=== Exercise description ===
Find the string "AuthContext" in the records. Copy each line that has it.

(Saved data entries)
-- ===== src/Context/Task.antt =====
-- Asynchronous functions: a state goes in, a result and the state after it come out. An error keeps
-- what was done before it.
use nexus_auth.Prelude.{ℕ, ◌≡◌, refl, Result, Done, ok, err}
use nexus_auth.Context.{System, Env}

abbrev pub Task : Type 0 → Type 0 → Type 0 → Type 0
Task T E A = T → Result E A × T

module _ {T E : Type 0} where
  abbrev pub feed : {A B : Type 0} → (A → Task T E B) → Result E A × T → Result E B × T
  feed f (ok a, t) = f a t
  feed f (err e, t) = (err e, t)

  infixl 5 ◌>>=◌ ◌>>◌
  abbrev pub ◌>>=◌ : {A B : Type 0} → Task T E A → (A → Task T E B) → Task T E B
  ◌>>=◌ m f t = feed f (m t)

  abbrev pub ◌>>◌ : {B : Type 0} → Task T E Done → Task T E B → Task T E B
  ◌>>◌ m k t = feed (λ _. k) (m t)

  abbrev pub return : {A : Type 0} → A → Task T E A
  return a t = (ok a, t)

  abbrev pub raise : {A : Type 0} → E → Task T E A
  raise e t = (err e, t)

  -- A `Result`, at its `?`.
  abbrev pub lift : {A : Type 0} → Result E A → Task T E A
  lift r t = (r, t)

-- `map_err`
abbrev pub recode : {T E F A : Type 0} → (E → F) → Result E A × T → Result F A × T
recode f (ok a, t) = (ok a, t)
recode f (err e, t) = (err (f e), t)

-- `match m { Err(e) => { cleanup; return Err(e) } … }`
abbrev pub on_err : {T E A : Type 0} → (E → T → T) → Result E A × T → Result E A × T
on_err cleanup (ok a, t) = (ok a, t)
on_err cleanup (err e, t) = (err e, cleanup e t)

-- `match m { Ok(a) => return Ok(a), Err(e) => rest }`
abbrev pub or_else : {T E F A : Type 0} → (E → Task T F A) → Result E A × T → Result F A × T
or_else f (ok a, t) = (ok a, t)
or_else f (err e, t) = f e t

-- Proof rules: what holds of the outcome of the first part, whichever it is, goes into the second.
module _ {T E : Type 0} where
  pub feed_ind :
      {A B : Type 0} (P : Result E B × T → Type 0) (f : A → Task T E B) (r : Result E A × T)
      → ((a : A) → r.0 ≡ ok a → P (f a r.1))
      → ((e : E) → r.0 ≡ err e → P (err e, r.1))
      → P (feed f r)
  feed_ind P f (ok a, t) on_ok on_error = on_ok a refl
  feed_ind P f (err e, t) on_ok on_error = on_error e refl

  pub on_err_ind :
      {A : Type 0} (P : Result E A × T → Type 0) (cleanup : E → T → T) (r : Result E A × T)
      → ((a : A) → r.0 ≡ ok a → P (ok a, r.1))
      → ((e : E) → r.0 ≡ err e → P (err e, cleanup e r.1))
      → P (on_err cleanup r)
  on_err_ind P cleanup (ok a, t) on_ok on_error = on_ok a refl
  on_err_ind P cleanup (err e, t) on_ok on_error = on_error e refl

  pub or_else_ind :
      {F A : Type 0} (P : Result F A × T → Type 0) (f : E → Task T F A) (r : Result E A × T)
      → ((a : A) → r.0 ≡ ok a → P (ok a, r.1))
      → ((e : E) → r.0 ≡ err e → P (f e r.1))
      → P (or_else f r)
  or_else_ind P f (ok a, t) on_ok on_error = on_ok a refl
  or_else_ind P f (err e, t) on_ok on_error = on_error e refl

module _ {C W V : Type 0} (env : Env C W V) where
  -- The world after a call that was awaited, with what the other tasks did meanwhile.
  unfoldable pub resume : W → System C W V → System C W V
  resume w s = record s { world = w; shared = env.others w s.shared }

  -- An awaited call that cannot fail.
  unfoldable pub await : {E A : Type 0} → (W → A × W) → Task (System C W V) E A
  unfolding resume
  await call s = (ok (call s.world).0, resume (call s.world).1 s)

  -- An awaited call that can.
  unfoldable pub attempt : {E A : Type 0} → (W → Result E A × W) → Task (System C W V) E A
  unfolding resume
  attempt call s = ((call s.world).0, resume (call s.world).1 s)

  -- `now_unix()`
  unfoldable pub now_unix : {E : Type 0} → Task (System C W V) E ℕ
  now_unix s = (ok (env.now_unix s.world).0, record s { world = (env.now_unix s.world).1 })

  unfoldable pub sleep : ℕ → System C W V → System C W V
  unfolding resume
  sleep ms s = resume (env.sleep ms s.world) s
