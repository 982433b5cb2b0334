-- ===== src/Publisher.antt =====
-- src/publisher.rs: how the whitelists of all services and then the index are written to every
-- connection.
pub mod Rounds
pub mod Loop
pub mod Calls
pub mod Status
pub mod Epochs
pub mod Delivery
pub mod Entries
pub mod Listing
pub mod Waits
pub mod Guarded
pub mod Kept
pub mod Live
pub mod Success
mod Tests
use nexus_auth.Prelude.{
  ℕ, zero, suc, ◌*◌, Bool, true, false, not, Option, none, some, List, [], ◌∷◌, ◌++◌, Text, Bytes,
  text, decimal, length, Result, Done, ok, err, ok_or, map_err, if◌then◌else◌, ◌==◌, max,
}
use nexus_auth.Names.{External, content_hash}
use nexus_auth.Authority.{
  Authority, AuthorityError, io, invalid_seed, invalid_name, cose, ServiceEntry, IndexDoc,
  WhitelistDoc, Signing, from_seed, index_key, service_key, sign_index, sign_whitelist,
}
use nexus_auth.Context.{
  SidecarError, sidecar_error, PublishStatus, Shared, System, Env, AuthContext,
}
use nexus_auth.Context.Task.{
  Task, feed, ◌>>=◌, ◌>>◌, return, raise, lift, recode, on_err, or_else, attempt, now_unix, sleep,
}

-- `{e}` of an `AuthorityError`; signing and the keys give only the last two, and what the
-- system says is not told apart.
unfoldable pub authority_text : AuthorityError → Text
authority_text (io e) = text "io error"
authority_text invalid_seed = text "invalid authority seed (need 32 bytes)"
authority_text invalid_name = text "invalid network or service name"
authority_text cose = text "cose encoding error"

pub record PublishError : Type 0 where
  pub message : Text

abbrev pub publish_attempts : ℕ
publish_attempts = 3

-- Milliseconds.
abbrev pub publish_backoff : ℕ
publish_backoff = 200

-- `PublishStatus::default`
unfoldable pub no_status : PublishStatus
no_status = record {
  last_publish_epoch = none;
  last_publish_ok = false;
  last_publish_error = none;
  last_publish_at = none;
}

-- `retain(|(i, _)| *i != id)`
unfoldable pub without : {C : Type 0} → ℕ → List (ℕ × C) → List (ℕ × C)
without id [] = []
without id ((i, c) ∷ cs) = let rest = without id cs in if i == id then rest else (i, c) ∷ rest

-- The operations of `PublisherHandle`.
module _ {C V : Type 0} where
  unfoldable pub register : C → Shared C V → ℕ × Shared C V
  register client h = (
    h.next_id,
    record h {
      clients = h.clients ++ ((h.next_id, client) ∷ []);
      next_id = suc h.next_id;
      publish_notify = true;
    },
  )

  unfoldable pub unregister : ℕ → Shared C V → Shared C V
  unregister id h = record h { clients = without id h.clients }

  unfoldable pub notify_publish : Shared C V → Shared C V
  notify_publish h = record h { publish_notify = true }

  unfoldable pub notify_renew : Shared C V → Shared C V
  notify_renew h = record h { renew_notify = true }

  unfoldable pub connection_count : Shared C V → ℕ
  connection_count h = length h.clients

  unfoldable pub any_client : Shared C V → Option C
  any_client h = elim h.clients [ [] ↦ none | (i, c) ∷ cs ↦ some c ]

abbrev pub raised : Option ℕ → Option ℕ → Option ℕ
raised none previous = previous
raised (some epoch) none = some epoch
raised (some epoch) (some previous) = some (max previous epoch)

-- `conn#{id} {key}: [{code}] {message}`
unfoldable pub failure_text : ℕ → Text → SidecarError → Text
failure_text id key e =
    text "conn#"
    ++ (decimal id ++ (text " " ++ (key ++ (text ": [" ++ (e.code ++ (text "] " ++ e.message))))))

unfoldable pub noted : Option Text → ℕ → Text → Result SidecarError Done → Option Text
noted first id key (ok _) = first
noted none id key (err e) = some (failure_text id key e)
noted (some first) id key (err e) = some first

abbrev pub report : Option Text → Result PublishError Done
report none = ok tt
report (some message) = err (record { message = message })

unfoldable pub no_seed : PublishError
no_seed = record { message = text "learner has no authority seed; refusing to publish" }

unfoldable pub sign_failed : Text → AuthorityError → PublishError
sign_failed name e = record {
  message = text "whitelist sign failed for " ++ (name ++ (text ": " ++ authority_text e));
}

unfoldable pub invalid_service : Text → AuthorityError → PublishError
invalid_service name e = record {
  message = text "invalid service " ++ (name ++ (text ": " ++ authority_text e));
}

module _ {C W V : Type 0} (env : Env C W V) where
  unfoldable pub record_success : ℕ → System C W V → System C W V
  record_success epoch s = record s {
    status = record {
      last_publish_epoch = some epoch;
      last_publish_ok = true;
      last_publish_error = none;
      last_publish_at = some (env.now_unix s.world).0;
    };
    world = (env.now_unix s.world).1;
  }

  unfoldable pub record_failure : Option ℕ → Text → System C W V → System C W V
  record_failure epoch error s = record s {
    status = record {
      last_publish_epoch = raised epoch s.status.last_publish_epoch;
      last_publish_ok = false;
      last_publish_error = some error;
      last_publish_at = some (env.now_unix s.world).0;
    };
    world = (env.now_unix s.world).1;
  }

  -- The attempts that are left, the back-off before the next and the error so far.
  unfoldable pub add_key_from :
      ℕ → ℕ → SidecarError → C → Text → Bytes → Task (System C W V) SidecarError Done
  add_key_from zero backoff last client key value s = (err last, s)
  add_key_from (suc zero) backoff last client key value s =
      attempt env (env.add_key client key value) s
  add_key_from (suc (suc left)) backoff last client key value s =
      or_else
        (λ e s'. add_key_from (suc left) (backoff * 2) e client key value (sleep env backoff s'))
        (attempt env (env.add_key client key value) s)

  unfoldable pub add_key_with_retry : C → Text → Bytes → Task (System C W V) SidecarError Done
  add_key_with_retry =
      add_key_from publish_attempts publish_backoff
        (sidecar_error (text "publish_failed") (text "no attempt made"))

  -- The first error on the connections, in their order; all of them are tried.
  unfoldable pub publish_each :
      List (ℕ × C) → Text → Bytes → Option Text → System C W V → Option Text × System C W V
  publish_each [] key value first s = (first, s)
  publish_each ((id, client) ∷ clients) key value first s =
      let (result, s') = add_key_with_retry client key value s in
      publish_each clients key value (noted first id key result) s'

  -- `PublisherHandle::publish`
  unfoldable pub publish : Text → Bytes → Task (System C W V) PublishError Done
  publish key value s =
      let (first, s') = publish_each s.shared.clients key value none s in (report first, s')

  unfoldable pub publish_all : List (Text × Bytes) → Task (System C W V) PublishError Done
  publish_all [] s = (ok tt, s)
  publish_all ((key, value) ∷ pending) s = feed (λ _. publish_all pending) (publish key value s)

module _ {V S : Type 0} (l : Signing V S) ⦃x : External⦄ where
  -- `ctx.authority()`
  unfoldable pub authority_of : {C W : Type 0} → AuthContext W → System C W V → Option Authority
  authority_of ctx s = elim s.shared.authority [
    | none ↦ none
    | some a ↦ elim (from_seed l a.signing_key ctx.network) [ err e ↦ none | ok b ↦ some b ]
  ]

  -- One service: its entry in the index, and the key and value of its whitelist.
  unfoldable pub sign_service :
      Authority → Text × ℕ × List Text → Result PublishError (ServiceEntry × Text × Bytes)
  sign_service a (name, version, members) =
      elim (sign_whitelist l a name (record { version = version; members = members })) [
        | err e ↦ err (sign_failed name e)
        | ok value ↦ elim (service_key a name) [
          | err e ↦ err (invalid_service name e)
          | ok key ↦
              ok (
                record { name = name; hash = content_hash value; length = length value },
                key,
                value,
              )
        ]
      ]

  unfoldable pub sign_services :
      Authority
      → List (Text × ℕ × List Text)
      → Result PublishError (List ServiceEntry × List (Text × Bytes))
  sign_services a [] = ok ([], [])
  sign_services a (service ∷ services) =
      let rest = sign_services a services in
      elim (sign_service a service) [
        | err e ↦ err e
        | ok (entry, key, value) ↦ elim rest [
          | err e ↦ err e
          | ok (entries, pending) ↦ ok (entry ∷ entries, (key, value) ∷ pending)
        ]
      ]

module _ {C W V S : Type 0} (env : Env C W V) (l : Signing V S) ⦃x : External⦄ where
  unfoldable pub publish_whitelists :
      AuthContext W
      → List (Text × ℕ × List Text)
      → Task (System C W V) PublishError (List ServiceEntry)
  publish_whitelists ctx services s = elim (authority_of l ctx s) [
    | none ↦ (err no_seed, s)
    | some a ↦ elim (sign_services l a services) [
      | err e ↦ (err e, s)
      | ok (entries, pending) ↦ feed (λ _. return entries) (publish_all env pending s)
    ]
  ]

  unfoldable pub publish_index :
      AuthContext W → ℕ → ℕ → List ServiceEntry → Task (System C W V) PublishError Done
  publish_index ctx index_version expires_at services s = elim (authority_of l ctx s) [
    | none ↦ (err no_seed, s)
    | some a ↦
        elim (sign_index l a
          (record { version = index_version; expires_at = expires_at; services = services })) [
            | err e ↦ (err (record { message = text "index sign failed: " ++ authority_text e }), s)
            | ok bytes ↦ publish env (index_key a) bytes s
          ]
  ]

=== Task answer ===
  SidecarError, sidecar_error, PublishStatus, Shared, System, Env, AuthContext,
  unfoldable pub authority_of : {C W : Type 0} → AuthContext W → System C W V → Option Authority
      AuthContext W
      AuthContext W → ℕ → ℕ → List ServiceEntry → Task (System C W V) PublishError Done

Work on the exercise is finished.